:: Data for this task

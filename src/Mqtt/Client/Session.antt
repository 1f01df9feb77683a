-- ===== src/Mqtt/Client/Session.antt =====
-- core/aiot_mqtt_api.c: the notifications of the client, reconnecting, and the receiving of one packet.
use aliyun_iot_arm.Prelude.{
  ℕ, zero, suc, ◌+◌, ◌-◌, ◌*◌, ◌/◌, ◌%◌, ◌^◌, ◌≤◌, ◌<◌, ◌≡◌, refl, sym, ap, ◌∙◌, subst, subst₂, ◌≢◌,
  ◌↔◌, ◌⊎◌, inl, inr, Bool, true, false, not, ◌&&◌, ◌||◌, Option, none, some, List, [], ◌∷◌, ◌++◌,
  map, append-nil, append_assoc, arith, bit_and, bit_or, bit_xor, ltb, leb, ◌==◌, if◌then◌else◌,
  ltb→lt, lt→ltb, leb→le, ==_iff, Bool-cases, Option-cases, length, get_elem?, set, length-append,
  length-set, get_elem?-set_self, get_elem?-set_ne, get_or, take, drop, replicate, take-append-drop,
  All, drop-append, take-append, take_all, length-take, length-drop, length-replicate, length-map,
  ℤ, pos, negsuc, inc, dec, is_zero, is_neg, eq_ℤ, sub_ℕ, neg, eq_ℤ→eq, eq_ℤ_refl, Bytes, codes,
  starts_with, str_eq, strstr, isspace, snprintf, str_eq_iff, str_eq_refl, starts_with-append,
}
use aliyun_iot_arm.Mqtt.Codes.{
  Code, state_success, state_sys_depend_nwk_closed, state_sys_depend_nwk_read_lessdata,
  state_user_input_exec_disabled, state_mqtt_connect_success, state_mqtt_packet_type_unknown,
}
use aliyun_iot_arm.Mqtt.Client.State.{
  Port, Handle, Out, Event, EventType, connect, reconnect, network_disconnect, heartbeat_disconnect,
  notified, processed,
}
use aliyun_iot_arm.Mqtt.Client.Net.{
  read, read_remainlen, read_remainbytes, byte_of, close_handle, close_world,
}
use aliyun_iot_arm.Mqtt.Client.Inbound.{
  Message, pingresp_handler, pub_handler, puback_handler, subunsuback_handler,
}
use aliyun_iot_arm.Mqtt.Client.Outbound.{exec_inc, exec_dec, out_dec, refused, heartbeat, repub}
pub mod Notify
pub mod Backoff

-- `_core_mqtt_event_notify`: the handler of the client, where there is one, and the process handlers.
abbrev pub event_notify : Handle → EventType → List Event
event_notify h event_type =
    (if h.event_handler == 0 then [] else notified event_type ∷ [])
    ++ map (λ handler. processed handler event_type) h.process_data_list

-- `_core_mqtt_connect_event_notify`
unfoldable pub connect_event_notify : Handle → Handle × List Event
connect_event_notify h =
    let event_type = if h.has_connected then reconnect else connect in
    (record h { disconnected = false; has_connected = true }, event_notify h event_type)

-- `_core_mqtt_disconnect_event_notify`
unfoldable pub disconnect_event_notify : EventType → Handle → Handle × List Event
disconnect_event_notify event_type h =
    if h.has_connected && not h.disconnected
    then (record h { disconnected = true }, event_notify h event_type)
    else (h, [])

-- The sum of a `uint32_t` and an `int32_t`.
abbrev pub add_wrap : ℕ → ℤ → ℕ
add_wrap a (pos r) = (a + r) % 2 ^ 32
add_wrap a (negsuc r) = (a % 2 ^ 32 + 2 ^ 32 - (r + 1) % 2 ^ 32) % 2 ^ 32

abbrev pub interval_of : Handle → ℕ
interval_of h =
    if h.backoff_enabled
    then add_wrap (h.reconnect_interval_ms * (h.reconnect_counter + 1)) h.rand_ms
    else h.reconnect_interval_ms

-- `CORE_MQTT_DEFAULT_RECONN_MAX_COUNTERS`
abbrev pub max_counters : ℕ
max_counters = 60

-- The counter behind an attempt.
unfoldable pub backoff : (res : Code) → Handle → Handle
backoff res h =
    if not h.backoff_enabled
    then h
    else (if eq_ℤ res state_mqtt_connect_success
        then record h { reconnect_counter = 0 }
        else (if ltb h.reconnect_counter max_counters
            then record h { reconnect_counter = h.reconnect_counter + 1 }
            else h))

-- The five bits of the first byte that `aiot_mqtt_recv` looks at.
abbrev pub packet_type : ℕ → ℕ
packet_type header = bit_and header 0xF0

abbrev pub packet_qos : ℕ → ℕ
packet_qos header = bit_and header 0x0F / 2 % 4

module _ {W : Type 0} (p : Port W) where
  abbrev pub close_out : Out W → Out W
  close_out out = record out {
    handle = close_handle out.handle;
    world = close_world p out.handle out.world;
  }

  -- The `switch` of `aiot_mqtt_recv` over the type of the packet.
  unfoldable pub dispatch :
      (decompress : Option (Message → Code × Message))
      → List Bool
      → Handle
      → (header : ℕ) (remain : Bytes) → W
      → Out W
  unfolding pingresp_handler pub_handler puback_handler subunsuback_handler
  dispatch decompress oks h header remain w =
      let acked = λ (is_suback : Bool). record (refused state_success h w) {
        events = subunsuback_handler is_suback h remain;
      } in
      let kind = packet_type header in
      if kind == 0xD0
      then pingresp_handler p h (length remain) w
      else (if kind == 0x30
          then pub_handler p decompress oks h remain (packet_qos header) w
          else (if kind == 0x40
              then puback_handler p h remain w
              else (if kind == 0x90
                  then acked true
                  else (if kind == 0xB0
                      then acked false
                      else (if kind == 0x50 || (kind == 0x60 || kind == 0x70)
                          then refused state_success h w
                          else refused state_mqtt_packet_type_unknown h w)))))

  -- The reading part of `aiot_mqtt_recv`, behind its attempts to connect.
  unfoldable pub recv_packet :
      (decompress : Option (Message → Code × Message)) → List Bool → Handle → W → Out W
  unfolding dispatch read read_remainlen read_remainbytes
  recv_packet decompress oks h w =
      let (res, header, w1) = read p h 1 w in
      let (res2, remainlen, w2) = read_remainlen p h w1 in
      let (res3, remain, w3) = read_remainbytes p h remainlen w2 in
      let out = dispatch decompress oks (record h { lost_times = 0 }) (byte_of header) remain w3 in
      if is_neg res
      then (if eq_ℤ res state_sys_depend_nwk_read_lessdata
          then refused state_success h w1
          else close_out (refused res h w1))
      else (if is_neg res2
          then close_out (refused res2 h w2)
          else (if is_neg res3
              then close_out (refused res3 h w3)
              else (if is_neg out.res then close_out out else out)))

  -- `_core_mqtt_connect` is a parameter of what follows.
  module _ (core_connect : Handle → W → Out W) where
    -- `_core_mqtt_reconnect`
    unfoldable pub reconnect_step : Handle → W → Out W
    unfolding backoff
    reconnect_step h w =
        let (now, w1) = p.time w in
        let last = if ltb now h.last_retry_time then now else h.last_retry_time in
        let h1 = record h { last_retry_time = last } in
        let out = core_connect h1 w1 in
        let (later, w2) = p.time out.world in
        if h.network
        then refused state_success h w
        else (if ltb now ((last + interval_of h) % 2 ^ 64)
            then refused state_sys_depend_nwk_closed h1 w1
            else record out {
              handle = backoff out.res (record out.handle { last_retry_time = later });
              world = w2;
            })

    -- What follows an attempt: its success is notified, its failure ends the call.
    unfoldable pub resume : Out W → Bool × Out W
    unfolding connect_event_notify
    resume attempt =
        let (h', events) = connect_event_notify (record attempt.handle { lost_times = 0 }) in
        if not (is_neg attempt.res)
        then (true, attempt)
        else (if eq_ℤ attempt.res state_mqtt_connect_success
            then (
              true,
              record attempt {
                res = state_success;
                handle = h';
                events = attempt.events ++ events;
              },
            )
            else (false, attempt))

    abbrev pub may_reconnect : Handle → Bool
    may_reconnect h = h.reconnect_enabled && not h.disconnect_api_called

    -- The first part of `aiot_mqtt_recv`: a lost connection is notified and tried again.
    unfoldable pub restore_network : Handle → W → Bool × Out W
    unfolding disconnect_event_notify reconnect_step resume
    restore_network h w =
        let (h1, lost) = disconnect_event_notify network_disconnect h in
        let h2 = if h.network then h else h1 in
        let before = if h.network then [] else lost in
        let (goes_on, out) = resume (reconnect_step h2 w) in
        if may_reconnect h2
        then (goes_on, record out { events = before ++ out.events })
        else (true, record { res = state_success; handle = h2; world = w; events = before })

    -- The second part: too many heartbeats without an answer.
    unfoldable pub restore_heartbeat : Handle → W → Bool × Out W
    unfolding disconnect_event_notify resume
    restore_heartbeat h w =
        let (h1, before) = disconnect_event_notify heartbeat_disconnect h in
        let (goes_on, out) = resume (core_connect h1 w) in
        if not (ltb h.max_lost_times h.lost_times)
        then (true, refused state_success h w)
        else (if may_reconnect h1
            then (goes_on, record out { events = before ++ out.events })
            else (true, record { res = state_success; handle = h1; world = w; events = before }))

    -- `aiot_mqtt_recv`
    unfoldable pub recv :
        (decompress : Option (Message → Code × Message)) → List Bool → Handle → W → Out W
    unfolding restore_network restore_heartbeat recv_packet
    recv decompress oks h w =
        let (goes_on, out1) = restore_network (exec_inc h) w in
        let (goes_on', out2) = restore_heartbeat out1.handle out1.world in
        let out3 = recv_packet decompress oks out2.handle out2.world in
        if not h.exec_enabled
        then refused state_user_input_exec_disabled h w
        else (if not goes_on
            then out_dec out1
            else (if not goes_on'
                then out_dec (record out2 { events = out1.events ++ out2.events })
                else out_dec
                    (record out3 { events = out1.events ++ (out2.events ++ out3.events) })))

  -- `aiot_mqtt_process`; the process handlers, which it calls without an event, are left out.
  unfoldable pub process : Handle → W → Out W
  unfolding heartbeat repub
  process h w =
      let (now, w1) = p.time w in
      let h0 = exec_inc h in
      let last = if ltb now h0.last_send_time then now else h0.last_send_time in
      let h1 = record h0 { last_send_time = last } in
      let due = leb h.heartbeat_interval_ms (now - last) in
      let beat = heartbeat p h1 w1 in
      let h2 =
        if due
        then record (beat.handle) {
          last_send_time = now;
          lost_times = (beat.handle.lost_times + 1) % 2 ^ 32;
        }
        else h1 in
      let again = repub p h2 (if due then beat.world else w1) in
      if not h.exec_enabled
      then refused state_user_input_exec_disabled h w
      else out_dec (record again { res = if due then beat.res else state_success })
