-- ===== src/Mqtt/Client/Session/Backoff.antt =====
-- core/aiot_mqtt_api.c: when a lost connection is tried again.
use native.Mathlib.Nat.{mul-le-mul}
use aliyun_iot_arm.Prelude.{
  ℕ, ◌*◌, pos, ap, ◌∙◌, ◌+◌, ◌%◌, ◌^◌, ◌≤◌, ◌<◌, ◌≡◌, refl, sym, subst, inl, inr, Bool, true, false,
  arith, ltb, if◌then◌else◌, Bool-cases, eq_ℤ,
}
use aliyun_iot_arm.Mqtt.Codes.{
  Code, state_success, state_sys_depend_nwk_closed, state_mqtt_connect_success,
}
use aliyun_iot_arm.Mqtt.Client.State.{Port, Handle, Out}
use aliyun_iot_arm.Mqtt.Client.Outbound.{refused}
use aliyun_iot_arm.Mqtt.Client.Session.{
  add_wrap, backoff, reconnect_step, interval_of, max_counters,
}

backoff-counter :
    (res : Code) (h : Handle)
    → h.reconnect_counter ≤ max_counters
    → (backoff res h).reconnect_counter ≤ max_counters
unfolding backoff
backoff-counter res h small = elim (Bool-cases h.backoff_enabled) [
  | inr off ↦ rw off small
  | inl on ↦ elim (Bool-cases (eq_ℤ res state_mqtt_connect_success)) [
    | inl done ↦ rw (on, done) (omega arith)
    | inr failed ↦ elim (Bool-cases (ltb h.reconnect_counter max_counters)) [
      | inl less ↦ rw (on, failed, less) (ground arith)
      | inr full ↦ rw (on, failed, full) small
    ]
  ]
]

both_hold :
    {W : Type 0} (c : Bool) (P : Out W → Type 0) (x y : Out W) → P x → P y → P (if c then x else y)
both_hold true P x y px py = px
both_hold false P x y px py = py

abbrev Bounded : {W : Type 0} → Out W → Type 0
Bounded out = out.handle.reconnect_counter ≤ max_counters

-- An attempt to reconnect, whatever comes of it, leaves the counter that lengthens the interval at 60 or
-- below, if it was and if `_core_mqtt_connect` does not change it.
pub reconnect_step-counter :
    {W : Type 0} (p : Port W) (core_connect : Handle → W → Out W) (h : Handle) (w : W)
    → ((g : Handle) (v : W) → (core_connect g v).handle.reconnect_counter ≡ g.reconnect_counter)
    → h.reconnect_counter ≤ max_counters
    → (reconnect_step p core_connect h w).handle.reconnect_counter ≤ max_counters
unfolding reconnect_step
reconnect_step-counter p core_connect h w keeps small =
    let (now, w1) = p.time w in
    let last = if ltb now h.last_retry_time then now else h.last_retry_time in
    let h1 = record h { last_retry_time = last } in
    let out = core_connect h1 w1 in
    let tried = record (out.handle) { last_retry_time = (p.time out.world).0 } in
    let kept : tried.reconnect_counter ≤ max_counters =
      subst (λ n. n ≤ max_counters) (sym (keeps h1 w1)) small in
    both_hold h.network Bounded (refused state_success h w) _ small (
      both_hold (ltb now ((last + interval_of h) % 2 ^ 64)) Bounded
        (refused state_sys_depend_nwk_closed h1 w1) _ small (backoff-counter out.res tried kept))

-- Before the interval since the last attempt has passed, no attempt is made.
reconnect_step-waits :
    {W : Type 0} (p : Port W) (core_connect : Handle → W → Out W) (h : Handle) (w : W)
    → h.network ≡ false
    → h.last_retry_time ≤ (p.time w).0
    → (p.time w).0 < h.last_retry_time + interval_of h
    → h.last_retry_time + interval_of h < 2 ^ 64
    → reconnect_step p core_connect h w ≡ refused state_sys_depend_nwk_closed h (p.time w).1
unfolding reconnect_step
reconnect_step-waits p core_connect h w closed forward early fits =
    let now = (p.time w).0 in
    let same : ltb now h.last_retry_time ≡ false = ground arith in
    let soon : ltb now ((h.last_retry_time + interval_of h) % 2 ^ 64) ≡ true = ground arith in
    rw (closed, same, soon) refl

-- Behind the interval an attempt is made.
reconnect_step-tries :
    {W : Type 0} (p : Port W) (core_connect : Handle → W → Out W) (h : Handle) (w : W)
    → h.network ≡ false
    → h.last_retry_time ≤ (p.time w).0
    → h.last_retry_time + interval_of h ≤ (p.time w).0
    → (p.time w).0 < 2 ^ 64
    → let out = core_connect h (p.time w).1 in
      reconnect_step p core_connect h w ≡ record out {
        handle = backoff out.res (record (out.handle) { last_retry_time = (p.time out.world).0 });
        world = (p.time out.world).1;
      }
unfolding reconnect_step
reconnect_step-tries p core_connect h w closed forward late fits =
    let now = (p.time w).0 in
    let same : ltb now h.last_retry_time ≡ false = ground arith in
    let due : ltb now ((h.last_retry_time + interval_of h) % 2 ^ 64) ≡ false = ground arith in
    rw (closed, same, due) refl

mod_small : (a m : ℕ) → a < 2 ^ 32 → a % 2 ^ 32 ≡ a
mod_small a m small = omega arith

interval_is :
    (h : Handle) (r : ℕ)
    → h.backoff_enabled ≡ true
    → h.rand_ms ≡ pos r
    → h.reconnect_interval_ms * (h.reconnect_counter + 1) + r < 2 ^ 32
    → interval_of h ≡ h.reconnect_interval_ms * (h.reconnect_counter + 1) + r
interval_is h r on rand small =
    ap
      (λ b.
        if b
        then add_wrap (h.reconnect_interval_ms * (h.reconnect_counter + 1)) h.rand_ms
        else h.reconnect_interval_ms)
      on
    ∙ ap (add_wrap (h.reconnect_interval_ms * (h.reconnect_counter + 1))) rand
    ∙ mod_small (h.reconnect_interval_ms * (h.reconnect_counter + 1) + r) 0 small

backoff-failed :
    (res : Code) (h : Handle)
    → h.backoff_enabled ≡ true
    → eq_ℤ res state_mqtt_connect_success ≡ false
    → h.reconnect_counter ≤ 60
    → backoff res h ≡ record h {
      reconnect_counter = if ltb h.reconnect_counter 60 then h.reconnect_counter + 1 else 60;
    }
unfolding backoff
backoff-failed res h on failed small = elim (Bool-cases (ltb h.reconnect_counter 60)) [
  | inl less ↦ rw (on, failed, less) refl
  | inr full ↦
      let is : h.reconnect_counter ≡ 60 = ground arith in
      rw (on, failed, full) (λ i. record h { backoff_enabled = true; reconnect_counter = is i })
]

-- The counter behind one more failure.
abbrev pub counter_after : (reconnect_counter : ℕ) → ℕ
counter_after reconnect_counter = if ltb reconnect_counter 60 then reconnect_counter + 1 else 60

counter_after-le : (c : ℕ) → counter_after c ≤ 60
counter_after-le c = ground arith

interval_fits : (a c r : ℕ) → c ≤ 60 → a * 61 + r < 2 ^ 32 → a * (c + 1) + r < 2 ^ 32
interval_fits a c r small fits =
    let less : a * (c + 1) ≤ a * 61 = mul-le-mul (omega arith) (omega arith) in omega arith

-- With the backoff on, an attempt to reconnect is made once the interval, times one more than the counter of
-- failures, and the client's own delay have passed since the last one. One that fails, and leaves the client
-- as it was, is remembered with the time of its end and in the counter, which stops at 60; and until the
-- longer interval from then on has passed, the next call makes no attempt: it answers that the connection is
-- closed and changes nothing. The delay is not negative, the clock does not go back, and the intervals are
-- of 32 bits and the times of 64.
pub reconnect_step-spaced :
    {W : Type 0} (p : Port W) (core_connect : Handle → W → Out W) (h : Handle) (w w' : W) (r : ℕ)
    → let out = core_connect h (p.time w).1 in
      let later = (p.time out.world).0 in
      let next = counter_after h.reconnect_counter in
      h.network ≡ false
      → h.backoff_enabled ≡ true
      → h.rand_ms ≡ pos r
      → h.reconnect_counter ≤ 60
      → h.reconnect_interval_ms * 61 + r < 2 ^ 32
      → h.last_retry_time ≤ (p.time w).0
      → h.last_retry_time + (h.reconnect_interval_ms * (h.reconnect_counter + 1) + r) ≤ (p.time w).0
      → (p.time w).0 < 2 ^ 64
      → out.handle ≡ h
      → eq_ℤ out.res state_mqtt_connect_success ≡ false
      → later ≤ (p.time w').0
      → (p.time w').0 < later + (h.reconnect_interval_ms * (next + 1) + r)
      → later + (h.reconnect_interval_ms * (next + 1) + r) < 2 ^ 64
      → let first = reconnect_step p core_connect h w in
        (first.res ≡ out.res)
        × (first.handle ≡ record h { last_retry_time = later; reconnect_counter = next })
        × (reconnect_step p core_connect first.handle w'
            ≡ refused state_sys_depend_nwk_closed first.handle (p.time w').1)
reconnect_step-spaced p core_connect h w w' r closed on rand small fits forward late fits' keeps
      failed forward' early fits'' =
    let out = core_connect h (p.time w).1 in
    let later = (p.time out.world).0 in
    let next = counter_after h.reconnect_counter in
    let due =
      interval_is h r on rand
        (interval_fits h.reconnect_interval_ms h.reconnect_counter r small fits) in
    let tried : h.last_retry_time + interval_of h ≤ (p.time w).0 = omega (arith, due) in
    let run = reconnect_step-tries p core_connect h w closed forward tried fits' in
    let g = record h { last_retry_time = later; reconnect_counter = next } in
    let left : (reconnect_step p core_connect h w).handle ≡ g =
      ap (λ o. o.handle) run
      ∙ ap (λ k. backoff out.res (record k { last_retry_time = later })) keeps
      ∙ backoff-failed out.res (record h { last_retry_time = later }) on failed small in
    let most : next ≤ 60 = counter_after-le h.reconnect_counter in
    let wait : interval_of g ≡ h.reconnect_interval_ms * (next + 1) + r =
      interval_is g r on rand (interval_fits h.reconnect_interval_ms next r most fits) in
    (
      ap (λ o. o.res) run,
      left,
      ap (λ k. reconnect_step p core_connect k w') left
          ∙ reconnect_step-waits p core_connect g w' closed forward' (omega (arith, wait))
              (omega (arith, wait))
          ∙ ap (λ k. refused state_sys_depend_nwk_closed k (p.time w').1) (sym left),
    )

::::

[What the exercise asks] Search the listing for "negsuc" and copy each line holding it.

[Answer area]
  ℤ, pos, negsuc, inc, dec, is_zero, is_neg, eq_ℤ, sub_ℕ, neg, eq_ℤ→eq, eq_ℤ_refl, Bytes, codes,
add_wrap a (negsuc r) = (a % 2 ^ 32 + 2 ^ 32 - (r + 1) % 2 ^ 32) % 2 ^ 32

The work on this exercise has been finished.